### Instructions to follow
All of the records shown below need to be copied with no differences.

### The data
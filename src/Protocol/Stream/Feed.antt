-- ===== src/Protocol/Stream/Feed.antt =====
-- rci/protocols/stream.py: `FrameStreamDecoder.feed` on any bytes.
use robotic_character_interf.Base.{
  ℕ, zero, suc, ◌+◌, ◌≤◌, ◌<◌, ◌≡◌, refl, inl, inr, Bool-cases, ltb, false, some, List, [], ◌++◌,
  arith,
}
use robotic_character_interf.Base.Lists.{length-append, length}
use robotic_character_interf.Protocol.Stream.{
  again, finish, stop, collect, overflow_batch, reset, turn, DecodeBatch, StreamIssue, Turn, drain,
  FrameStreamDecoder, Drained, feed,
}
use robotic_character_interf.Protocol.Framing.{Frame}
use mathlib.Core.List.{append-nil}
use robotic_character_interf.Protocol.Stream.Segments.{
  Parsed, left, dropped, TurnParses, turn-TurnParses,
}
use robotic_character_interf.Protocol.Stream.Accounting.{
  turn-Accounts, discarded-append, frame_bytes-append, Accounts, discarded, frame_bytes,
}

-- What the loop does with a buffer.
pub record IsDrained (buffer : List ℕ) (r : Drained) : Type 0 where
  pub accounted : length buffer ≡ frame_bytes r.frames + discarded r.issues + length r.buffer
  pub parsed : Parsed buffer r.frames r.issues r.buffer

collect-IsDrained :
    (buffer rest : List ℕ) (frames : List Frame) (issues : List StreamIssue) (r : Drained)
    → length buffer ≡ frame_bytes frames + discarded issues + length rest
    → TurnParses buffer (again rest frames issues)
    → IsDrained rest r
    → IsDrained buffer (collect frames issues r)
collect-IsDrained buffer rest frames issues r e t d = record {
  accounted =
      omega
        (arith, d.accounted, frame_bytes-append frames r.frames, discarded-append issues r.issues);
  parsed = t r.frames r.issues r.buffer d.parsed;
}

abbrev pub Drains : ℕ → ℕ → List ℕ → Type 0
Drains fuel max buffer = (r : Drained) × (drain fuel max buffer ≡ some r) × IsDrained buffer r

drain_turn :
    (fuel max : ℕ) (buffer : List ℕ) (t : Turn)
    → turn max buffer ≡ t
    → Accounts (length buffer) t
    → TurnParses buffer t
    → ((rest : List ℕ) → length rest < length buffer → Drains fuel max rest)
    → Drains (suc fuel) max buffer
unfolding drain
drain_turn fuel max buffer (stop rest issues) e h t later = (
  record { frames = []; issues = issues; buffer = rest },
  ground (arith, e),
  record { accounted = omega (arith, h); parsed = t },
)
drain_turn fuel max buffer (again rest frames issues) e h t later =
    let (r, runs, good) = later rest h.1 in
    (
      collect frames issues r,
      ground (arith, e, runs),
      collect-IsDrained buffer rest frames issues r h.0 t good,
    )

-- One turn more than there are bytes is enough.
pub drain_lem : (fuel max : ℕ) (buffer : List ℕ) → length buffer < fuel → Drains fuel max buffer
drain_lem zero max buffer lt = absurd (omega arith)
drain_lem (suc fuel) max buffer lt =
    drain_turn fuel max buffer (turn max buffer) refl (turn-Accounts max buffer)
      (turn-TurnParses max buffer)
      (λ rest shorter. drain_lem fuel max rest (omega (arith, shorter, lt)))

le_of_ltb : (a b : ℕ) → ltb a b ≡ false → b ≤ a
le_of_ltb a b e = ground arith

-- A decoder whose buffer is within its bound.
abbrev pub IsBounded : FrameStreamDecoder → Type 0
IsBounded d = length d.buffer ≤ d.max_buffer_bytes

-- What `feed` promises of the decoder after it and of the batch it returns.
pub record IsFed (d : FrameStreamDecoder) (bytes : List ℕ) (d' : FrameStreamDecoder)
    (batch : DecodeBatch) : Type 0 where
  pub bounded : IsBounded d'
  pub same_bound : d'.max_buffer_bytes ≡ d.max_buffer_bytes
  pub reported : batch.buffered_bytes ≡ length d'.buffer
  pub accounted :
      length d.buffer + length bytes
      ≡ frame_bytes batch.frames + discarded batch.issues + batch.buffered_bytes
  pub parsed : Parsed (d.buffer ++ bytes) batch.frames batch.issues d'.buffer

-- Whatever bytes arrive, and whether or not the buffer overflows, the loop of `feed` ends; the
-- buffer stays within its bound, which does not change, and the batch reports the buffer's length.
-- The bytes that were buffered, and then those that arrived, are a sequence of segments and after
-- it the new buffer: each segment decodes to the next frame of the batch, or is as long as the
-- next issue of the batch says that it discarded, and no frame or issue is left over.
pub feed-IsFed :
    (d : FrameStreamDecoder) (bytes : List ℕ)
    → (d' : FrameStreamDecoder) × (batch : DecodeBatch) × (feed d bytes ≡ some (d', batch))
      × IsFed d bytes d' batch
unfolding feed
feed-IsFed d bytes =
    let size = length d.buffer + length bytes in
    elim (Bool-cases (ltb d.max_buffer_bytes size)) [
      | inl over ↦ (
        reset d,
        overflow_batch size,
        rw over refl,
        record {
          bounded = unfold reset in omega arith;
          same_bound = unfold reset in refl;
          reported = unfold reset in refl;
          accounted = omega arith;
          parsed =
              unfold reset in
              dropped (d.buffer ++ bytes) [] _ (append-nil (d.buffer ++ bytes))
                (length-append d.buffer bytes) (left []);
        },
      )
      | inr fits ↦
          let (r, runs, good) =
            drain_lem (suc size) d.max_buffer_bytes (d.buffer ++ bytes)
              (omega (arith, length-append d.buffer bytes)) in
          (
            (finish d r).0,
            (finish d r).1,
            rw (fits, runs) refl,
            record {
              bounded = omega (
                arith,
                good.accounted,
                le_of_ltb d.max_buffer_bytes size fits,
                length-append d.buffer bytes,
              );
              same_bound = refl;
              reported = refl;
              accounted = omega (arith, good.accounted, length-append d.buffer bytes);
              parsed = good.parsed;
            },
          )
    ]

### Solution below
filename src/Protocol/Stream/Feed.antt
-- ===== src/Protocol/Stream/Feed.antt =====
-- rci/protocols/stream.py: `FrameStreamDecoder.feed` on any bytes.
use robotic_character_interf.Base.{
  ℕ, zero, suc, ◌+◌, ◌≤◌, ◌<◌, ◌≡◌, refl, inl, inr, Bool-cases, ltb, false, some, List, [], ◌++◌,
  arith,
}
use robotic_character_interf.Base.Lists.{length-append, length}
use robotic_character_interf.Protocol.Stream.{
  again, finish, stop, collect, overflow_batch, reset, turn, DecodeBatch, StreamIssue, Turn, drain,
  FrameStreamDecoder, Drained, feed,
}
use robotic_character_interf.Protocol.Framing.{Frame}
use mathlib.Core.List.{append-nil}
use robotic_character_interf.Protocol.Stream.Segments.{
  Parsed, left, dropped, TurnParses, turn-TurnParses,
}
use robotic_character_interf.Protocol.Stream.Accounting.{
  turn-Accounts, discarded-append, frame_bytes-append, Accounts, discarded, frame_bytes,
}

-- What the loop does with a buffer.
pub record IsDrained (buffer : List ℕ) (r : Drained) : Type 0 where
  pub accounted : length buffer ≡ frame_bytes r.frames + discarded r.issues + length r.buffer
  pub parsed : Parsed buffer r.frames r.issues r.buffer

collect-IsDrained :
    (buffer rest : List ℕ) (frames : List Frame) (issues : List StreamIssue) (r : Drained)
    → length buffer ≡ frame_bytes frames + discarded issues + length rest
    → TurnParses buffer (again rest frames issues)
    → IsDrained rest r
    → IsDrained buffer (collect frames issues r)
collect-IsDrained buffer rest frames issues r e t d = record {
  accounted =
      omega
        (arith, d.accounted, frame_bytes-append frames r.frames, discarded-append issues r.issues);
  parsed = t r.frames r.issues r.buffer d.parsed;
}

abbrev pub Drains : ℕ → ℕ → List ℕ → Type 0
Drains fuel max buffer = (r : Drained) × (drain fuel max buffer ≡ some r) × IsDrained buffer r

drain_turn :
    (fuel max : ℕ) (buffer : List ℕ) (t : Turn)
    → turn max buffer ≡ t
    → Accounts (length buffer) t
    → TurnParses buffer t
    → ((rest : List ℕ) → length rest < length buffer → Drains fuel max rest)
    → Drains (suc fuel) max buffer
unfolding drain
drain_turn fuel max buffer (stop rest issues) e h t later = (
  record { frames = []; issues = issues; buffer = rest },
  ground (arith, e),
  record { accounted = omega (arith, h); parsed = t },
)
drain_turn fuel max buffer (again rest frames issues) e h t later =
    let (r, runs, good) = later rest h.1 in
    (
      collect frames issues r,
      ground (arith, e, runs),
      collect-IsDrained buffer rest frames issues r h.0 t good,
    )

-- One turn more than there are bytes is enough.
pub drain_lem : (fuel max : ℕ) (buffer : List ℕ) → length buffer < fuel → Drains fuel max buffer
drain_lem zero max buffer lt = absurd (omega arith)
drain_lem (suc fuel) max buffer lt =
    drain_turn fuel max buffer (turn max buffer) refl (turn-Accounts max buffer)
      (turn-TurnParses max buffer)
      (λ rest shorter. drain_lem fuel max rest (omega (arith, shorter, lt)))

le_of_ltb : (a b : ℕ) → ltb a b ≡ false → b ≤ a
le_of_ltb a b e = ground arith

-- A decoder whose buffer is within its bound.
abbrev pub IsBounded : FrameStreamDecoder → Type 0
IsBounded d = length d.buffer ≤ d.max_buffer_bytes

-- What `feed` promises of the decoder after it and of the batch it returns.
pub record IsFed (d : FrameStreamDecoder) (bytes : List ℕ) (d' : FrameStreamDecoder)
    (batch : DecodeBatch) : Type 0 where
  pub bounded : IsBounded d'
  pub same_bound : d'.max_buffer_bytes ≡ d.max_buffer_bytes
  pub reported : batch.buffered_bytes ≡ length d'.buffer
  pub accounted :
      length d.buffer + length bytes
      ≡ frame_bytes batch.frames + discarded batch.issues + batch.buffered_bytes
  pub parsed : Parsed (d.buffer ++ bytes) batch.frames batch.issues d'.buffer

-- Whatever bytes arrive, and whether or not the buffer overflows, the loop of `feed` ends; the
-- buffer stays within its bound, which does not change, and the batch reports the buffer's length.
-- The bytes that were buffered, and then those that arrived, are a sequence of segments and after
-- it the new buffer: each segment decodes to the next frame of the batch, or is as long as the
-- next issue of the batch says that it discarded, and no frame or issue is left over.
pub feed-IsFed :
    (d : FrameStreamDecoder) (bytes : List ℕ)
    → (d' : FrameStreamDecoder) × (batch : DecodeBatch) × (feed d bytes ≡ some (d', batch))
      × IsFed d bytes d' batch
unfolding feed
feed-IsFed d bytes =
    let size = length d.buffer + length bytes in
    elim (Bool-cases (ltb d.max_buffer_bytes size)) [
      | inl over ↦ (
        reset d,
        overflow_batch size,
        rw over refl,
        record {
          bounded = unfold reset in omega arith;
          same_bound = unfold reset in refl;
          reported = unfold reset in refl;
          accounted = omega arith;
          parsed =
              unfold reset in
              dropped (d.buffer ++ bytes) [] _ (append-nil (d.buffer ++ bytes))
                (length-append d.buffer bytes) (left []);
        },
      )
      | inr fits ↦
          let (r, runs, good) =
            drain_lem (suc size) d.max_buffer_bytes (d.buffer ++ bytes)
              (omega (arith, length-append d.buffer bytes)) in
          (
            (finish d r).0,
            (finish d r).1,
            rw (fits, runs) refl,
            record {
              bounded = omega (
                arith,
                good.accounted,
                le_of_ltb d.max_buffer_bytes size fits,
                length-append d.buffer bytes,
              );
              same_bound = refl;
              reported = refl;
              accounted = omega (arith, good.accounted, length-append d.buffer bytes);
              parsed = good.parsed;
            },
          )
    ]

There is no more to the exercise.